EXERCISE DATA:

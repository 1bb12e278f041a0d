-- ===== src/Client/Directions.antt =====
-- src/client/agv-client.ts and src/client/master-control-client.ts: which core topics each side may
-- subscribe and publish.
use vda_5050_lib_2_0_0_js.Prelude.{Bool, not, Outcome, ok, err, ◌≡◌, ◌↔◌, arith, throw_if}
use vda_5050_lib_2_0_0_js.Types.{Topic}
use vda_5050_lib_2_0_0_js.Client.{ClientError, direction_invalid}

-- `validateTopicDirection` of `AgvClient`.
unfoldable pub agv_direction : Topic → Bool → Outcome ClientError (Unit {0})
agv_direction Topic.connection as_inbound =
    throw_if as_inbound (direction_invalid Topic.connection as_inbound)
agv_direction Topic.instant_actions as_inbound =
    throw_if (not as_inbound) (direction_invalid Topic.instant_actions as_inbound)
agv_direction Topic.order as_inbound =
    throw_if (not as_inbound) (direction_invalid Topic.order as_inbound)
agv_direction Topic.state as_inbound =
    throw_if as_inbound (direction_invalid Topic.state as_inbound)
agv_direction Topic.visualization as_inbound =
    throw_if as_inbound (direction_invalid Topic.visualization as_inbound)

-- `validateTopicDirection` of `MasterControlClient`.
unfoldable pub master_control_direction : Topic → Bool → Outcome ClientError (Unit {0})
master_control_direction Topic.connection as_inbound =
    throw_if (not as_inbound) (direction_invalid Topic.connection as_inbound)
master_control_direction Topic.instant_actions as_inbound =
    throw_if as_inbound (direction_invalid Topic.instant_actions as_inbound)
master_control_direction Topic.order as_inbound =
    throw_if as_inbound (direction_invalid Topic.order as_inbound)
master_control_direction Topic.state as_inbound =
    throw_if (not as_inbound) (direction_invalid Topic.state as_inbound)
master_control_direction Topic.visualization as_inbound =
    throw_if (not as_inbound) (direction_invalid Topic.visualization as_inbound)

-- What one side may publish is what the other may subscribe, on every core topic; and no side may
-- both publish and subscribe the same one.
directions_dual :
    (topic : Topic) (as_inbound : Bool)
    → ((agv_direction topic as_inbound ≡ ok tt)
        ↔ (master_control_direction topic (not as_inbound) ≡ ok tt))
      × ((agv_direction topic as_inbound ≡ ok tt)
          ↔ (agv_direction topic (not as_inbound) ≡ err (direction_invalid topic (not as_inbound))))
unfolding agv_direction master_control_direction
directions_dual topic as_inbound = ground arith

THE TASK: In your answer, repeat each of the records exactly.

REPLY:
repository 1bb12e278f041a0d
-- ===== src/Client/Directions.antt =====
-- src/client/agv-client.ts and src/client/master-control-client.ts: which core topics each side may
-- subscribe and publish.
use vda_5050_lib_2_0_0_js.Prelude.{Bool, not, Outcome, ok, err, ◌≡◌, ◌↔◌, arith, throw_if}
use vda_5050_lib_2_0_0_js.Types.{Topic}
use vda_5050_lib_2_0_0_js.Client.{ClientError, direction_invalid}

-- `validateTopicDirection` of `AgvClient`.
unfoldable pub agv_direction : Topic → Bool → Outcome ClientError (Unit {0})
agv_direction Topic.connection as_inbound =
    throw_if as_inbound (direction_invalid Topic.connection as_inbound)
agv_direction Topic.instant_actions as_inbound =
    throw_if (not as_inbound) (direction_invalid Topic.instant_actions as_inbound)
agv_direction Topic.order as_inbound =
    throw_if (not as_inbound) (direction_invalid Topic.order as_inbound)
agv_direction Topic.state as_inbound =
    throw_if as_inbound (direction_invalid Topic.state as_inbound)
agv_direction Topic.visualization as_inbound =
    throw_if as_inbound (direction_invalid Topic.visualization as_inbound)

-- `validateTopicDirection` of `MasterControlClient`.
unfoldable pub master_control_direction : Topic → Bool → Outcome ClientError (Unit {0})
master_control_direction Topic.connection as_inbound =
    throw_if (not as_inbound) (direction_invalid Topic.connection as_inbound)
master_control_direction Topic.instant_actions as_inbound =
    throw_if as_inbound (direction_invalid Topic.instant_actions as_inbound)
master_control_direction Topic.order as_inbound =
    throw_if as_inbound (direction_invalid Topic.order as_inbound)
master_control_direction Topic.state as_inbound =
    throw_if (not as_inbound) (direction_invalid Topic.state as_inbound)
master_control_direction Topic.visualization as_inbound =
    throw_if (not as_inbound) (direction_invalid Topic.visualization as_inbound)

-- What one side may publish is what the other may subscribe, on every core topic; and no side may
-- both publish and subscribe the same one.
directions_dual :
    (topic : Topic) (as_inbound : Bool)
    → ((agv_direction topic as_inbound ≡ ok tt)
        ↔ (master_control_direction topic (not as_inbound) ≡ ok tt))
      × ((agv_direction topic as_inbound ≡ ok tt)
          ↔ (agv_direction topic (not as_inbound) ≡ err (direction_invalid topic (not as_inbound))))
unfolding agv_direction master_control_direction
directions_dual topic as_inbound = ground arith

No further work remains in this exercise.